In June 2016 more than 5.2 million people were employed in the manufacturing sector in Germany, an increase of 0.8% on the prior year figure. Excluding typical seasonal fluctuations, this represents a continuation of the upward trend that began in mid-2010. At that time, the number of people employed in Germany's manufacturing industry had fallen to a low of just under 4.8 million in the wake of the global and national recession of 2008/2009. Thanks to the subsequent economic recovery the number of manufacturing employees in the first half of 2016 was up by around 9 % on the same period in 2010 and by 3.2% on the strong pre-crisis levels (first half of 2008). Other western European nations have not fared so well.
The chart shows the indexed number of employees in the seven largest manufacturing industries in Germany (by number of employees). At the top of the pile was mechanical engineering, with an average of around 900,000 employees in the first half of the year. Next came the automotive industry (760,000 employees), the metals industry (750,000), electrical engineering (624,000), the food industry (397,000), the rubber and plastics industry (331,000) and the chemicals industry (291,000; excluding pharmaceuticals). At the latest count, these industries accounted for nearly 78% of all employees in the manufacturing sector.
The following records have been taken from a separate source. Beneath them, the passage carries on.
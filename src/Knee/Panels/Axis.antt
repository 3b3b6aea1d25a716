-- ===== src/Knee/Panels/Axis.antt =====
-- sweep/mkcharts.py: how long the x axis is that the panels share.
use raft_tests.Prelude.{
  ℕ, ◌+◌, ◌-◌, ◌*◌, ◌/◌, ◌^◌, ◌<◌, ◌≡◌, refl, ◌∙◌, ◌⊎◌, inl, inr, Bool, true, false, List, [], ◌∷◌,
  arith, if◌then◌else◌, Bool-cases, All, weaken_All, string_eq, option_eq, pair_eq, list_eq, nat_eq,
  int_eq, ℤ, pos, negsuc, ◌+ℤ◌, ◌*ℤ◌, ◌≤ℤ◌, ◌<ℤ◌, ltb_ℤ, ≤ℤ_antisymm, +ℤ_parts, *ℤ-pos,
}
use raft_tests.Python.Float.{Float, IsOrdered}
use raft_tests.Knee.Panels.{max_of, max_rate, axis_end}

-- A rate above zero that the floats hold exactly.
abbrev pub IsRate : ℤ → Type 0
IsRate r = (pos 0 <ℤ r) × (r <ℤ pos (2 ^ 52))

larger_bounds :
    (m r : ℤ)
    → IsRate m
    → IsRate r
    → IsRate (if ltb_ℤ m r then r else m)
      × (m ≤ℤ (if ltb_ℤ m r then r else m))
      × (r ≤ℤ (if ltb_ℤ m r then r else m))
larger_bounds m r h q = elim (Bool-cases (ltb_ℤ m r)) [
  | inl up ↦ rw up (q, ground (arith, up), omega arith)
  | inr stays ↦ rw stays (h, omega arith, ground (arith, stays))
]

max_of-bounds :
    (m : ℤ) (rs : List ℤ)
    → IsRate m
    → All IsRate rs
    → IsRate (max_of m rs) × (m ≤ℤ max_of m rs) × All (λ r. r ≤ℤ max_of m rs) rs
unfolding max_of
max_of-bounds m [] h _ = (h, omega arith, tt)
max_of-bounds m (r ∷ rs) h (q, qs) =
    let (kept, left, right) = larger_bounds m r h q in
    let (is_rate, above, all) = max_of-bounds (if ltb_ℤ m r then r else m) rs kept qs in
    (is_rate, omega (arith, left, above), (omega (arith, right, above), all))

-- The largest of the rates is one of them.
abbrev pub IsOneOf : ℤ → List ℤ → Type 0
IsOneOf m [] = ⊥
IsOneOf m (r ∷ rs) = (m ≡ r) ⊎ IsOneOf m rs

chosen : (t : Bool) (x y : ℤ) → ((if t then x else y) ≡ x) ⊎ ((if t then x else y) ≡ y)
chosen true x y = inl refl
chosen false x y = inr refl

max_of-one : (m : ℤ) (rs : List ℤ) → IsOneOf (max_of m rs) (m ∷ rs)
unfolding max_of
max_of-one m [] = inl refl
max_of-one m (r ∷ rs) = elim (max_of-one (if ltb_ℤ m r then r else m) rs) [
  | inr later ↦ inr (inr later)
  | inl here ↦ elim (chosen (ltb_ℤ m r) r m) [
    | inl up ↦ inr (inl (here ∙ up))
    | inr stays ↦ inl (here ∙ stays)
  ]
]

-- The least multiple of 25000 that is not below the rate.
abbrev pub IsAxisEnd : ℤ → ℤ → Type 0
IsAxisEnd r end = (k : ℕ) × (end ≡ pos (k * 25000)) × (r ≤ℤ end) × (end <ℤ r +ℤ pos 25000)

module _ {ℓ} (F : Type ℓ) ⦃f : Float F⦄ (laws : IsOrdered F) where
  rounded_up :
      (n : ℕ)
      → 0 < n
      → n < 2 ^ 52
      → f.ceil (f.div (f.of_int (pos n)) (f.lit 250000 1)) ≡ pos ((n + 24999) / 25000)
  rounded_up n above small =
      let small_k : (n + 24999) / 25000 < 2 ^ 52 = omega (arith, small) in
      let quotient : F = f.div (f.of_int (pos n)) (f.lit 250000 1) in
      let finite = laws.div_finite n 25000 (omega arith) (omega arith) small in
      let low = laws.lt_ceil ((n + 24999) / 25000 - 1) quotient finite (
        laws.lt_div n ((n + 24999) / 25000 - 1) 25000 (omega arith) (omega arith) small
          (omega (arith, above))) in
      let high = laws.ceil-le ((n + 24999) / 25000) quotient finite (
        laws.div-le n ((n + 24999) / 25000) 25000 (omega arith) (omega arith) small small_k
          (omega arith)) in
      ≤ℤ_antisymm _ _ high (omega (arith, low, above))

  axis_end-IsAxisEnd : (r : ℤ) → IsRate r → IsAxisEnd r (axis_end F r)
  unfolding axis_end
  axis_end-IsAxisEnd (negsuc n) (low, _) = absurd (omega (arith, low))
  axis_end-IsAxisEnd (pos n) (above, small) =
      let k : ℕ = (n + 24999) / 25000 in
      let same : f.ceil (f.div (f.of_int (pos n)) (f.lit 250000 1)) *ℤ pos 25000 ≡ pos (k * 25000) =
        rw (rounded_up n (omega (arith, above)) (omega (arith, small))) (*ℤ-pos k 25000) in
      (k, same, rw same (omega arith), rw same (omega (arith, above, +ℤ_parts (pos n) (pos 25000))))

  -- The end of the x axis is made from the largest of the rates: it is the least multiple of 25000 that this rate
  -- does not exceed, so that no rate lies beyond it. There is a rate, and the rates are above zero and below 2 ^ 52.
  pub axis_end_lem :
      (r : ℤ) (rs : List ℤ)
      → All IsRate (r ∷ rs)
      → (m : ℤ) × IsOneOf m (r ∷ rs)
        × IsAxisEnd m (axis_end F (max_rate (r ∷ rs)))
        × All (λ q. q ≤ℤ axis_end F (max_rate (r ∷ rs))) (r ∷ rs)
  unfolding max_rate
  axis_end_lem r rs (h, hs) =
      let (is_rate, above, all) = max_of-bounds r rs h hs in
      let (k, multiple, covers, near) = axis_end-IsAxisEnd (max_of r rs) is_rate in
      (
        max_of r rs,
        max_of-one r rs,
        (k, multiple, covers, near),
        (
          omega (arith, above, covers),
          weaken_All (λ q. q ≤ℤ max_of r rs) _ rs (λ q below. omega (arith, below, covers)) all,
        ),
      )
Particularly strong job growth in mechanical engineering
The pattern of job growth in the individual industries was very mixed. Of the aforementioned industries, mechanical engineering (up by 19.3%), recorded the highest increase in employment in the long-term comparison (first half of 2016 compared with the same period of 2005). This industry benefits from the fact that a relatively high proportion of the value added is created domestically.
Since the end of 2014, however, growth in mechanical engineering employment has stalled, which can partly be explained by the muted international demand for capital goods. In second place in terms of employment growth is the food industry, which was up by 13.1% in the first half of 2016 compared with the same period of 2005. Seasonal fluctuations, for example because of harvests, are particularly noticeable here, but the general upward trend is relatively stable. Even during the recession of 2008/2009 employment levels in the food industry did not fall. Other notable increases in the long-term comparison were recorded in rubber and plastics (up by 12.6%) and metals (up by 9.3%). Both these industries are important domestic suppliers for Germany's successful automotive industry. Within the metals industry, employment levels in resource- and energy-intensive metal production (down by 0.7%) fared much worse than in the manufacturing of metal products (up by 14.8 percent). Overcapacity, for example in steel production, was a factor here.
Strong increases in the automotive industry since the economic crisis
Job growth in the period under review was much lower in the automotive industry (up by 2.1%) and in electrical engineering (up by 0.5%). For the automotive industry, this was partly because the employment rate had already been in decline between 2005 and the beginning of the financial crisis in late 2008, which was not the case in most other industries. This decline accelerated during the recession. Since the low of early 2010, however, the level of employment in the automotive industry has grown above average. During this period, domestic automotive production has expanded at a much faster rate than the average for the manufacturing industries as a whole. In the automotive industry, and in others, the proportion of highly skilled employees in the workforce (e.g. in R&D) has increased. At the same time, the proportion of employees working in production has fallen. Competition from production sites outside Germany is particularly fierce here. This also applies to parts of the electrical engineering industry, which partly explains the low rate of employment growth. The chemicals industry is the only one of the industries under review here that had fewer employees in the first half of 2016 than in the first half of 2005 (down by 0.6%). Weak growth in domestic chemicals production and the comparatively low level of investment in German sites are among the main reasons for this decline. Real net fixed assets in the chemicals industry in Germany have fallen continually in recent years.
Looking at the overall picture, employment growth in the German manufacturing sector has been positive in recent years. Despite ongoing measures to increase productivity, muted production and investment activity in German industry and fierce international competition, the number of employees has increased both since the recession and over the longer term. The labour market reforms introduced up to the mid-2000s have played a part in this. For some time now, however, the rate of employment growth in Germany has been slowing. This is probably because of the low level of growth in global GDP and investment activity and the political and economic risks both in and outside Europe. Furthermore, companies in various manufacturing industries are tending to invest abroad rather than in Germany. And decisions made by the current federal government have worsened the regulatory environment, with the labour market and pensions among the areas that have been affected. Increasingly, however, the shrinking supply of workers is also becoming a factor. In conclusion, we expect growth in industrial employment to stagnate up the end of 2017, albeit on a very high level. It is likely that any potential impact resulting from the successful integration of migrants will only become apparent in subsequent years.